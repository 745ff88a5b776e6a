-- ===== src/Ddl/Constraints.antt =====
-- The constraints of CREATE TABLE and of ALTER TABLE ... ADD CONSTRAINT.
pub mod Laws
use postgresparser.Prelude.{
  Bool, true, false, not, ◌&&◌, Option, none, some, List, [], ◌∷◌, ◌++◌, Text, is_empty,
  if◌then◌else◌,
}
use postgresparser.Strings.{trim_space}
use postgresparser.Names.{split_qualified_name}
use postgresparser.Ir.{
  FkAction, unset, no_action, restrict, cascade, set_null, set_default, DdlPrimaryKey,
  DdlForeignKey, DdlUniqueConstraint, DdlCheckConstraint, DdlConstraints,
}
use postgresparser.Tree.{Node, TokenStream, is_present, context_text}
use postgresparser.Ddl.Contexts.{
  KeyAction, KeyActions, ColumnList, ColConstraintElem, ColConstraint, ColumnDef, ConstraintElem,
  TableConstraint, TableElement,
}
use postgresparser.Ddl.ColumnName.{
  text_or_get_text, extract_column_names, extract_column_names_from_list,
}

-- The zero value of `tableConstraints`, a struct with the fields of `DDLConstraints`.
abbrev pub no_constraints : DdlConstraints
no_constraints = record {
  primary_key = none;
  foreign_keys = [];
  unique_keys = [];
  check_constraints = [];
}

-- `tc.PrimaryKey` after the merge.
first_key : Option DdlPrimaryKey → Option DdlPrimaryKey → Option DdlPrimaryKey
first_key none other = other
first_key (some pk) other = some pk

-- `(*tableConstraints).merge`
unfoldable pub merge : DdlConstraints → DdlConstraints → DdlConstraints
unfolding first_key
merge tc other = record {
  primary_key = first_key tc.primary_key other.primary_key;
  foreign_keys = tc.foreign_keys ++ other.foreign_keys;
  unique_keys = tc.unique_keys ++ other.unique_keys;
  check_constraints = tc.check_constraints ++ other.check_constraints;
}

-- `extractKeyActionText`
unfoldable pub key_action_text : Option KeyAction → FkAction
key_action_text none = unset
key_action_text (some action) =
    if action.cascade_kw
    then cascade
    else if action.set_kw && action.null_kw
    then set_null
    else if action.set_kw && action.default_kw
    then set_default
    else if action.restrict_kw
    then restrict
    else if action.no_kw && action.action_kw
    then no_action
    else unset

-- the action of `ON DELETE` or `ON UPDATE`
clause_action : Option (Option KeyAction) → FkAction
unfolding key_action_text
clause_action none = unset
clause_action (some action) = key_action_text action

-- `extractForeignKeyActions`
unfoldable pub foreign_key_actions : Option KeyActions → FkAction × FkAction
unfolding clause_action
foreign_key_actions none = (unset, unset)
foreign_key_actions (some actions) =
    (clause_action actions.key_delete, clause_action actions.key_update)

module _ (tokens : TokenStream) where
  -- `createTableConstraintName`
  unfoldable pub constraint_name : Option Node → Text
  constraint_name none = []
  constraint_name (some name) = context_text tokens (some name)

  reference_text : Option Node → Text
  reference_text none = []
  reference_text (some table) = text_or_get_text tokens table

  -- `createTableForeignKeyFromReference`
  unfoldable pub foreign_key_from_reference :
      Text
      → List Text
      → Option Node
      → Option (Option ColumnList)
      → Option KeyActions
      → DdlForeignKey
  unfolding reference_text
  foreign_key_from_reference name columns table referenced actions = record {
    constraint_name = name;
    columns = columns;
    references_schema = (split_qualified_name (reference_text table)).0;
    references_table = (split_qualified_name (reference_text table)).1;
    references_columns = extract_column_names_from_list tokens referenced;
    on_delete = (foreign_key_actions actions).0;
    on_update = (foreign_key_actions actions).1;
  }

  -- the expression of a CHECK, unless it is empty
  check_from : Text → Option Node → List DdlCheckConstraint
  check_from name expr =
      let text = context_text tokens expr in
      if is_empty text then [] else record { constraint_name = name; expression = text } ∷ []

  -- `out` after the elements of one constraint of a column
  add_column_constraint : Text → Text → ColConstraintElem → DdlConstraints → DdlConstraints
  unfolding foreign_key_from_reference check_from
  add_column_constraint col name elem out = record {
    primary_key =
        if not (is_present out.primary_key) && elem.primary_kw && elem.key_kw
        then some (record { constraint_name = name; columns = col ∷ [] })
        else out.primary_key;
    unique_keys =
        out.unique_keys
        ++ (if elem.unique_kw
            then record { constraint_name = name; columns = col ∷ [] } ∷ []
            else []);
    foreign_keys =
        out.foreign_keys
        ++ (if elem.references_kw && is_present elem.qualified_name
            then foreign_key_from_reference name (col ∷ []) elem.qualified_name elem.column_list
                elem.key_actions
              ∷ []
            else []);
    check_constraints =
        out.check_constraints
        ++ (if elem.check_kw && is_present elem.a_expr then check_from name elem.a_expr else []);
  }

  -- the loop of `extractCreateTableColumnConstraints`
  add_column_constraints : Text → List (Option ColConstraint) → DdlConstraints → DdlConstraints
  unfolding add_column_constraint
  add_column_constraints col [] out = out
  add_column_constraints col (none ∷ cs) out = add_column_constraints col cs out
  add_column_constraints col (some c ∷ cs) out = add_column_constraints col cs (elim c.elem [
    | none ↦ out
    | some elem ↦ add_column_constraint col (constraint_name c.name) elem out
  ])

  pub column_name_text : Option Node → Text
  column_name_text none = []
  column_name_text (some colid) = text_or_get_text tokens colid

  -- `extractCreateTableColumnConstraints`
  unfoldable pub column_constraints : ColumnDef → DdlConstraints
  unfolding add_column_constraints column_name_text
  column_constraints def = elim def.colquallist [
    | none ↦ no_constraints
    | some quals ↦
        let col = column_name_text def.colid in
        if is_empty col then no_constraints else add_column_constraints col quals no_constraints
  ]

  key_from : Text → List Text → Option DdlPrimaryKey
  key_from name [] = none
  key_from name (col ∷ cols) = some (record { constraint_name = name; columns = col ∷ cols })

  unique_from : Text → List Text → List DdlUniqueConstraint
  unique_from name [] = []
  unique_from name (col ∷ cols) = record { constraint_name = name; columns = col ∷ cols } ∷ []

  -- the elements of a table-level constraint
  table_constraint_elem : Text → ConstraintElem → DdlConstraints
  unfolding foreign_key_from_reference check_from key_from unique_from
  table_constraint_elem name elem = record {
    primary_key =
        if elem.primary_kw && elem.key_kw && is_present elem.columnlist
        then key_from name (extract_column_names tokens elem.columnlist)
        else none;
    unique_keys =
        if elem.unique_kw && is_present elem.columnlist
        then unique_from name (extract_column_names tokens elem.columnlist)
        else [];
    foreign_keys =
        if elem.foreign_kw && elem.key_kw && elem.references_kw && is_present elem.qualified_name
        then foreign_key_from_reference name (extract_column_names tokens elem.columnlist)
            elem.qualified_name elem.column_list elem.key_actions
          ∷ []
        else [];
    check_constraints =
        if elem.check_kw && is_present elem.a_expr then check_from name elem.a_expr else [];
  }

  -- `extractCreateTableTableConstraint`
  unfoldable pub table_constraint : TableConstraint → DdlConstraints
  unfolding table_constraint_elem
  table_constraint c = elim c.elem [
    | none ↦ no_constraints
    | some elem ↦ table_constraint_elem (constraint_name c.name) elem
  ]

  -- what one table element adds
  element_constraints : TableElement → DdlConstraints
  unfolding column_constraints table_constraint
  element_constraints elem = elim elem.column_def [
    | some def ↦ column_constraints def
    | none ↦ elim elem.table_constraint [ some c ↦ table_constraint c | none ↦ no_constraints ]
  ]

  constraints_loop : List (Option TableElement) → DdlConstraints → DdlConstraints
  unfolding element_constraints merge
  constraints_loop [] out = out
  constraints_loop (none ∷ elems) out = constraints_loop elems out
  constraints_loop (some elem ∷ elems) out =
      constraints_loop elems (merge out (element_constraints elem))

  -- `extractCreateTableConstraints`
  unfoldable pub create_table_constraints : List (Option TableElement) → DdlConstraints
  unfolding constraints_loop
  create_table_constraints elems = constraints_loop elems no_constraints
==========
Output the lines above exactly, but only those between the line holding "-- The constraints" and the line holding "no_constraints = record", inclusive.

-- The constraints of CREATE TABLE and of ALTER TABLE ... ADD CONSTRAINT.
pub mod Laws
use postgresparser.Prelude.{
  Bool, true, false, not, ◌&&◌, Option, none, some, List, [], ◌∷◌, ◌++◌, Text, is_empty,
  if◌then◌else◌,
}
use postgresparser.Strings.{trim_space}
use postgresparser.Names.{split_qualified_name}
use postgresparser.Ir.{
  FkAction, unset, no_action, restrict, cascade, set_null, set_default, DdlPrimaryKey,
  DdlForeignKey, DdlUniqueConstraint, DdlCheckConstraint, DdlConstraints,
}
use postgresparser.Tree.{Node, TokenStream, is_present, context_text}
use postgresparser.Ddl.Contexts.{
  KeyAction, KeyActions, ColumnList, ColConstraintElem, ColConstraint, ColumnDef, ConstraintElem,
  TableConstraint, TableElement,
}
use postgresparser.Ddl.ColumnName.{
  text_or_get_text, extract_column_names, extract_column_names_from_list,
}

-- The zero value of `tableConstraints`, a struct with the fields of `DDLConstraints`.
abbrev pub no_constraints : DdlConstraints
no_constraints = record {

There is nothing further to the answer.